» Goal of the exercise
Reproduce the records starting at the line that contains "(key : List ℕ) (id n : ℕ)" and running to the last line, exactly and in full.

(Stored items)
-- ===== src/Todo/Index/Digits.antt =====
-- Decimal texts: what the padded form is, and that reading it back gives the number
-- (api/src/todo_index.c).
use codo.Prelude.{
  ℕ, zero, suc, ◌+◌, ◌-◌, ◌*◌, ◌/◌, ◌%◌, ◌^◌, ◌≤◌, ◌<◌, ◌≡◌, refl, ◌∙◌, ap, none, some, List, [],
  ◌∷◌, ◌++◌, Bool-cases, inl, inr, ltb, arith, length, replicate, length-append,
}
use mathlib.Core.List.{append_assoc}
use native.Mathlib.Nat.{pow-suc}
use codo.Todo.Index.{uint64_max, index_id_width, decimal, padded, parse_digits}

-- `width` digits of a number, the most significant first.
unfoldable pub fixed : ℕ → ℕ → List ℕ
fixed zero n = []
fixed (suc width) n = fixed width (n / 10) ++ ((b'0' + n % 10) ∷ [])

pub length-fixed : (width n : ℕ) → length (fixed width n) ≡ width
unfolding fixed
length-fixed zero n = refl
length-fixed (suc width) n = omega (
  arith,
  length-append (fixed width (n / 10)) ((b'0' + n % 10) ∷ []),
  length-fixed width (n / 10),
)

replicate_snoc : (k d : ℕ) → replicate k d ++ (d ∷ []) ≡ d ∷ replicate k d
replicate_snoc zero d = refl
replicate_snoc (suc k) d = ap (◌∷◌ d) (replicate_snoc k d)

fixed-zero : (width : ℕ) → fixed width 0 ≡ replicate width b'0'
unfolding fixed
fixed-zero zero = refl
fixed-zero (suc width) =
    ap (λ (l : List ℕ). l ++ (b'0' ∷ [])) (fixed-zero width) ∙ replicate_snoc width b'0'

-- The digits of a number, padded to a width that holds it, are its `width` digits.
pub decimal-fixed :
    (width n : ℕ)
    → n < 10 ^ width
    → replicate (width - length (decimal width n)) b'0' ++ decimal width n ≡ fixed width n
unfolding decimal fixed
decimal-fixed zero n h = refl
decimal-fixed (suc width) n h = elim (Bool-cases (ltb n 10)) [
  | inl small ↦
      let short : n / 10 ≡ 0 = ground arith in
      let last : n % 10 ≡ n = ground arith in
      let pad : suc width - 1 ≡ width = omega arith in
      rw (small, decimal, short, last, fixed-zero width, pad)
  | inr large ↦
      let smaller : n / 10 < 10 ^ width = omega (arith, pow-suc 10 width) in
      let pad : suc width - length (decimal width (n / 10) ++ ((b'0' + n % 10) ∷ []))
          ≡ width - length (decimal width (n / 10)) =
        omega (arith, length-append (decimal width (n / 10)) ((b'0' + n % 10) ∷ [])) in
      rw (large, decimal, pad, ← append_assoc, decimal-fixed width (n / 10) smaller)
]

pub parse_digits-append :
    (id : ℕ) (xs ys : List ℕ)
    → parse_digits id (xs ++ ys)
      ≡ (elim (parse_digits id xs) [ none ↦ none | some k ↦ parse_digits k ys ])
unfolding parse_digits
parse_digits-append id [] ys = refl
parse_digits-append id (x ∷ xs) ys =
    ground (arith, parse_digits-append ((id * 10 + (x - b'0')) % (uint64_max + 1)) xs ys)

pub parse_digits-fixed :
    (width n : ℕ) → n < 10 ^ width → n ≤ uint64_max → parse_digits 0 (fixed width n) ≡ some n
unfolding fixed parse_digits
parse_digits-fixed zero n h fits = ground arith
parse_digits-fixed (suc width) n h fits =
    let smaller : n / 10 < 10 ^ width = omega (arith, pow-suc 10 width) in
    ground (
      arith,
      parse_digits-append 0 (fixed width (n / 10)) ((b'0' + n % 10) ∷ []),
      parse_digits-fixed width (n / 10) smaller,
    )

pub parse_digits-decimal :
    (width n : ℕ) → n < 10 ^ width → n ≤ uint64_max → parse_digits 0 (decimal width n) ≡ some n
unfolding decimal parse_digits
parse_digits-decimal zero n h fits = ground arith
parse_digits-decimal (suc width) n h fits = elim (Bool-cases (ltb n 10)) [
  | inl small ↦ rw (small, decimal) (ground arith)
  | inr large ↦
      let smaller : n / 10 < 10 ^ width = omega (arith, pow-suc 10 width) in
      rw (large, decimal)
        (ground (
          arith,
          parse_digits-append 0 (decimal width (n / 10)) ((b'0' + n % 10) ∷ []),
          parse_digits-decimal width (n / 10) smaller,
        ))
]

pub decimal-length :
    (width n : ℕ) → 0 < width → (0 < length (decimal width n)) × (length (decimal width n) ≤ width)
unfolding decimal
decimal-length zero n h = absurd (omega arith)
decimal-length (suc zero) n h =
    ground (arith, length-append (decimal 0 (n / 10)) ((b'0' + n % 10) ∷ []))
decimal-length (suc (suc width)) n h = ground (
  arith,
  length-append (decimal (suc width) (n / 10)) ((b'0' + n % 10) ∷ []),
  decimal-length (suc width) (n / 10),
)

pub padded-fixed : (n : ℕ) → n ≤ uint64_max → padded n ≡ fixed index_id_width n
unfolding padded
padded-fixed n h = decimal-fixed index_id_width n (omega arith)

-- The value that a run of decimal digits stands for, the first digit first.
unfoldable pub value : ℕ → List ℕ → ℕ
value acc [] = acc
value acc (c ∷ key) = value (acc * 10 + (c - b'0')) key

-- What is read is the value of the text: the sum is never reduced modulo 2^64.
pub parse_digits-value :
    (key : List ℕ) (id n : ℕ)
    → id ≤ uint64_max
    → parse_digits id key ≡ some n
    → (n ≡ value id key) × (n ≤ uint64_max)
unfolding parse_digits value
parse_digits-value [] id n h e = ground arith
parse_digits-value (c ∷ key) id n h e =
    let next = (id * 10 + (c - b'0')) % (uint64_max + 1) in
    ground (arith, parse_digits-value key next n)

» Completed task
    (key : List ℕ) (id n : ℕ)
    → id ≤ uint64_max
    → parse_digits id key ≡ some n
    → (n ≡ value id key) × (n ≤ uint64_max)
unfolding parse_digits value
parse_digits-value [] id n h e = ground arith
parse_digits-value (c ∷ key) id n h e =
    let next = (id * 10 + (c - b'0')) % (uint64_max + 1) in
    ground (arith, parse_digits-value key next n)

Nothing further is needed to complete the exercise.